## Your goal
The lines from the top of the records below through the one containing "-- slots; the" are to be transcribed exactly, and nothing else is to be added.

## The records
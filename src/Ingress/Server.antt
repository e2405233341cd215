-- ===== src/Ingress/Server.antt =====
-- The delivery queue of api/ingress/server.go: `NewServer`, the slots that bound the messages in
-- flight, `submitJob`, `handleJob` and `drainQueuedJobs`. The `slots` channel is the number of free
-- slots; the `jobs` channel is the list of queued jobs, oldest first. Counters do not wrap.
pub mod Slots
use far_mail.Base.{
  ℕ, zero, suc, ◌+◌, ◌-◌, ◌≤◌, Bool, true, false, List, [], ◌∷◌, ◌++◌, Option, none, some, max, ltb,
  leb, ◌==◌, if◌then◌else◌, length,
}
use far_mail.Base.Int.{ℤ, pos, negsuc}
use far_mail.Text.{Bytes, codes}
use far_mail.Ingress.Address.{is_empty}
use far_mail.Ingress.Snapshot.{ResolvedRecipient}

-- What the caller of `NewServer` asks for. Durations count nanoseconds.
pub record Wanted : Type 0 where
  pub addr : Bytes
  pub hostname : Bytes
  pub body_max_bytes : ℤ
  pub store_body_max_bytes : ℤ
  pub workers : ℤ
  pub queue_size : ℤ
  pub delivery_timeout : ℤ
  pub cache_refresh : ℤ
  pub session_timeout : ℤ
  pub command_max_bytes : ℤ

-- The configuration that is used, all of whose numbers are positive.
pub record Config : Type 0 where
  pub addr : Bytes
  pub hostname : Bytes
  pub body_max_bytes : ℕ
  pub store_body_max_bytes : ℕ
  pub workers : ℕ
  pub queue_size : ℕ
  pub delivery_timeout : ℕ
  pub cache_refresh : ℕ
  pub session_timeout : ℕ
  pub command_max_bytes : ℕ

abbrev positive_or : ℕ → ℤ → ℕ
positive_or default (pos zero) = default
positive_or default (pos (suc n)) = suc n
positive_or default (negsuc n) = default

abbrev text_or : Bytes → Bytes → Bytes
text_or default text = if is_empty text then default else text

abbrev at_most : ℕ → ℕ → ℕ
at_most limit n = if ltb limit n then limit else n

unfoldable pub normalize_config : Wanted → Config
normalize_config w = record {
  addr = text_or (codes "0.0.0.0:2527") w.addr;
  hostname = text_or (codes "far-mail.local") w.hostname;
  body_max_bytes = positive_or 262144 w.body_max_bytes;
  store_body_max_bytes =
      at_most (positive_or 262144 w.body_max_bytes) (positive_or 65536 w.store_body_max_bytes);
  workers = positive_or 48 w.workers;
  queue_size = positive_or 2048 w.queue_size;
  delivery_timeout = positive_or 8_000_000_000 w.delivery_timeout;
  cache_refresh = positive_or 30_000_000_000 w.cache_refresh;
  session_timeout = positive_or 300_000_000_000 w.session_timeout;
  command_max_bytes = positive_or 8192 w.command_max_bytes;
}

pub record Job : Type 0 where
  pub resolved : ResolvedRecipient
  pub envelope_sender : Bytes
  pub raw : Bytes

pub record Server : Type 0 where
  pub config : Config
  pub queue : List Job
  pub free : ℕ
  pub jobs_submitted : ℕ
  pub jobs_delivered : ℕ
  pub jobs_temp_failed : ℕ
  pub jobs_perm_failed : ℕ
  pub jobs_cancelled : ℕ
  pub queue_full : ℕ
  pub oversized_messages : ℕ
  pub delivery_timeouts : ℕ
  pub data_bytes : ℕ
  pub queue_high_water : ℕ
  pub in_flight_high_water : ℕ

unfoldable pub new_server : Wanted → Server
unfolding normalize_config
new_server w = record {
  config = normalize_config w;
  queue = [];
  free = (normalize_config w).queue_size;
  jobs_submitted = 0;
  jobs_delivered = 0;
  jobs_temp_failed = 0;
  jobs_perm_failed = 0;
  jobs_cancelled = 0;
  queue_full = 0;
  oversized_messages = 0;
  delivery_timeouts = 0;
  data_bytes = 0;
  queue_high_water = 0;
  in_flight_high_water = 0;
}

-- `acquireSlot`: `none` where no slot is free.
unfoldable pub acquire_slot : Server → Option Server
acquire_slot s =
    if s.free == 0
    then none
    else some (record s {
      free = s.free - 1;
      in_flight_high_water = max s.in_flight_high_water (s.config.queue_size - (s.free - 1));
    })

-- `s.slots <- struct{}{}`. The channel holds `QueueSize` slots: a send to a full one blocks.
unfoldable pub release_slot : Server → Option Server
release_slot s =
    if ltb s.free s.config.queue_size then some (record s { free = s.free + 1 }) else none

-- `submitJob`, the case that sends: `none` where the channel is full, and the send waits.
unfoldable pub submit_job : Job → Server → Option Server
submit_job job s =
    if ltb (length s.queue) s.config.queue_size
    then some (record s {
      queue = s.queue ++ job ∷ [];
      queue_high_water = max s.queue_high_water (length s.queue + 1);
    })
    else none

-- A worker's receive.
unfoldable pub take_job : Server → Option (Job × Server)
take_job s = elim s.queue [ [] ↦ none | job ∷ rest ↦ some (job, record s { queue = rest }) ]

pub data Status : Type 0 where
  delivery_ok temp_fail perm_fail : Status

-- What `InsertEmailResolved` answers: an error, not delivered, or delivered.
pub data Insertion : Type 0 where
  failed refused inserted : Insertion

-- `handleJob` without the parsing: whether the job's context has ended, and the answer of the
-- store. The slot goes back when the function returns.
unfoldable pub handle_job : Bool → Insertion → Server → Server × Status
handle_job true answer s = (record s { jobs_temp_failed = s.jobs_temp_failed + 1 }, temp_fail)
handle_job false failed s = (record s { jobs_temp_failed = s.jobs_temp_failed + 1 }, temp_fail)
handle_job false refused s = (record s { jobs_perm_failed = s.jobs_perm_failed + 1 }, perm_fail)
handle_job false inserted s = (record s { jobs_delivered = s.jobs_delivered + 1 }, delivery_ok)

-- One round of `drainQueuedJobs`, for a queued job: the slot goes back.
unfoldable pub drop_job : Server → Option Server
unfolding release_slot
drop_job s = elim s.queue [
  | [] ↦ none
  | job ∷ rest ↦ release_slot (record s {
    queue = rest;
    jobs_cancelled = s.jobs_cancelled + 1;
    jobs_temp_failed = s.jobs_temp_failed + 1;
  })
]
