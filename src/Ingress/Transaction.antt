-- ===== src/Ingress/Transaction.antt =====
-- The state of an LMTP session of api/ingress/server.go, its replies, and `handleMAIL` and
-- `handleRCPT`. What the surroundings decide during one command (the snapshot in force, whether a
-- write succeeds, whether the job is queued before its context ends, and how its delivery ends) is
-- the record `Conditions`, one for each command.
use far_mail.Base.{Bool, true, false, not, List, [], ◌∷◌, Option, none, some, ◌==◌, if◌then◌else◌}
use far_mail.Text.{Bytes, codes, to_lower, trim_space}
use far_mail.Ingress.Address.{extract_path_arg}
use far_mail.Ingress.Server.{Server, Status}
use far_mail.Ingress.Snapshot.{Snapshot, ResolvedRecipient, resolve_recipient}

pub record Transaction : Type 0 where
  pub has_mail : Bool
  pub mail_from : Bytes
  pub recipient : Option ResolvedRecipient

abbrev pub no_transaction : Transaction
no_transaction = record { has_mail = false; mail_from = []; recipient = none }

pub record Session : Type 0 where
  pub helo : Bytes
  pub txn : Transaction

-- The lines that the server writes, in the order of the source.
pub data Reply : Type 0 where
  ready empty_command capabilities reset_ok noop_ok bye unrecognized : Reply
  bad_sender mail_ok : Reply
  need_mail too_many bad_recipient cache_unavailable unknown_domain rcpt_ok : Reply
  need_rcpt queue_full start_data too_large shutting_down : Reply
  delivered not_deliverable temp_failure delivery_timeout : Reply

pub data Outcome : Type 0 where
  finished : Status → Outcome
  timed_out : Outcome

pub record Conditions : Type 0 where
  pub snapshot : Option Snapshot
  pub capabilities_written : Bool
  pub prompt_written : Bool
  pub reply_written : Bool
  pub in_time : Bool
  pub outcome : Outcome

-- What one command leaves: the lines not read yet, and whether the session goes on.
pub record Turn : Type 0 where
  pub server : Server
  pub session : Session
  pub replies : List Reply
  pub unread : List Bytes
  pub going : Bool

unfoldable pub handle_mail : Bytes → Session → Session × Reply
handle_mail arg s = elim (extract_path_arg arg (codes "FROM:") true) [
  | none ↦ (s, bad_sender)
  | some path ↦ (
    record s {
      txn = record { has_mail = true; mail_from = to_lower (trim_space path); recipient = none };
    },
    mail_ok,
  )
]

-- Behind the checks of the transaction.
abbrev resolve_path : Option Snapshot → Bytes → Session → Session × Reply
resolve_path none path s = (s, cache_unavailable)
resolve_path (some snap) path s =
    if snap.default_account_id == 0
    then (s, cache_unavailable)
    else elim (resolve_recipient snap path) [
      | none ↦ (s, unknown_domain)
      | some resolved ↦ (record s { txn = record (s.txn) { recipient = some resolved } }, rcpt_ok)
    ]

abbrev add_recipient :
    Option ResolvedRecipient → Option Snapshot → Bytes → Session → Session × Reply
add_recipient (some r) snap arg s = (s, too_many)
add_recipient none snap arg s = elim (extract_path_arg arg (codes "TO:") false) [
  | none ↦ (s, bad_recipient)
  | some path ↦ resolve_path snap path s
]

unfoldable pub handle_rcpt : Option Snapshot → Bytes → Session → Session × Reply
handle_rcpt snap arg s =
    if not s.txn.has_mail then (s, need_mail) else add_recipient s.txn.recipient snap arg s

abbrev pub answer : Server → Session → Reply → List Bytes → Bool → Turn
answer srv s reply unread going = record {
  server = srv;
  session = s;
  replies = reply ∷ [];
  unread = unread;
  going = going;
}

abbrev pub ended : Server → Session → List Reply → Turn
ended srv s replies = record {
  server = srv;
  session = s;
  replies = replies;
  unread = [];
  going = false;
}
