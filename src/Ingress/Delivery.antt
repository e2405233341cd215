-- ===== src/Ingress/Delivery.antt =====
-- `handleDATA` of api/ingress/server.go.
pub mod Queue
use far_mail.Base.{
  ℕ, zero, suc, ◌+◌, Bool, true, false, not, ◌||◌, List, [], ◌∷◌, ◌++◌, Option, none, some, ltb,
  ◌==◌, if◌then◌else◌, length,
}
use far_mail.Base.Eq.{bytes_beq}
use far_mail.Text.{Bytes, codes, to_lower, trim_space}
use far_mail.Ingress.Data.{Message, read_data}
use far_mail.Ingress.Server.{
  Job, Server, Status, delivery_ok, temp_fail, perm_fail, acquire_slot, submit_job,
}
use far_mail.Ingress.Snapshot.{ResolvedRecipient}
use far_mail.Ingress.Transaction.{
  no_transaction, Session, Reply, need_rcpt, queue_full, start_data, too_large, shutting_down,
  delivered, not_deliverable, temp_failure, delivery_timeout, Outcome, finished, timed_out,
  Conditions, Turn, answer, ended,
}

-- The slot that `handleDATA` holds goes back when it returns without having queued its job.
abbrev pub give_back : Server → Server
give_back srv = record srv { free = srv.free + 1 }

abbrev pub job_of : Session → ResolvedRecipient → Bytes → Job
job_of s r raw = record { resolved = r; envelope_sender = s.txn.mail_from; raw = raw }

abbrev status_reply : Status → Reply
status_reply delivery_ok = delivered
status_reply perm_fail = not_deliverable
status_reply temp_fail = temp_failure

-- The job is queued, and its result or its timeout comes.
await : Outcome → Bool → Server → Session → List Bytes → Turn
await (finished status) written srv s unread = record {
  server = srv;
  session = record s { txn = no_transaction };
  replies = start_data ∷ status_reply status ∷ [];
  unread = unread;
  going = written;
}
await timed_out written srv s unread = record {
  server = record srv { delivery_timeouts = srv.delivery_timeouts + 1 };
  session = s;
  replies = start_data ∷ delivery_timeout ∷ [];
  unread = unread;
  going = written;
}

abbrev not_queued : Server → Session → Reply → List Bytes → Bool → Turn
not_queued srv s reply unread written = record {
  server = give_back srv;
  session = s;
  replies = start_data ∷ reply ∷ [];
  unread = unread;
  going = written;
}

-- `submitJob` sends if the channel has room before the job's context ends.
abbrev pub try_submit : Bool → Job → Server → Option Server
try_submit true job srv = submit_job job srv
try_submit false job srv = none

submit_message : Conditions → Server → Session → ResolvedRecipient → Message → Turn
unfolding await
submit_message c srv s r m =
    if m.oversized
    then not_queued (record srv { oversized_messages = srv.oversized_messages + 1 }) s too_large
        m.unread c.reply_written
    else let counted : Server = record srv { data_bytes = srv.data_bytes + length m.raw } in
      elim (try_submit c.in_time (job_of s r m.raw) counted) [
        | none ↦
            not_queued (record counted { jobs_cancelled = counted.jobs_cancelled + 1 }) s
              shutting_down m.unread c.reply_written
        | some queued ↦
            await c.outcome c.reply_written
              (record queued { jobs_submitted = queued.jobs_submitted + 1 }) s m.unread
      ]

-- With a slot taken.
receive_message : Conditions → Server → Session → ResolvedRecipient → List Bytes → Turn
unfolding submit_message
receive_message c srv s r lines =
    if not c.prompt_written
    then ended (give_back srv) s []
    else elim (read_data srv.config.body_max_bytes lines) [
      | none ↦ ended (give_back srv) s (start_data ∷ [])
      | some m ↦ submit_message c srv s r m
    ]

data_for : Option ResolvedRecipient → Conditions → Server → Session → List Bytes → Turn
unfolding receive_message
data_for none c srv s lines = answer srv s need_rcpt lines c.reply_written
data_for (some r) c srv s lines = elim (acquire_slot srv) [
  | none ↦
      answer (record srv { queue_full = srv.queue_full + 1 }) s queue_full lines c.reply_written
  | some held ↦ receive_message c held s r lines
]

unfoldable pub handle_data : Conditions → Server → Session → List Bytes → Turn
unfolding data_for
handle_data c srv s lines = data_for s.txn.recipient c srv s lines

## Answer section
filename src/Ingress/Server.antt
repository e2405233341cd215
-- ===== src/Ingress/Server.antt =====
-- The delivery queue of api/ingress/server.go: `NewServer`, the slots that bound the messages in
-- flight, `submitJob`, `handleJob` and `drainQueuedJobs`. The `slots` channel is the number of free
-- slots; the `jobs` channel is the list of queued jobs, oldest first. Counters do not wrap.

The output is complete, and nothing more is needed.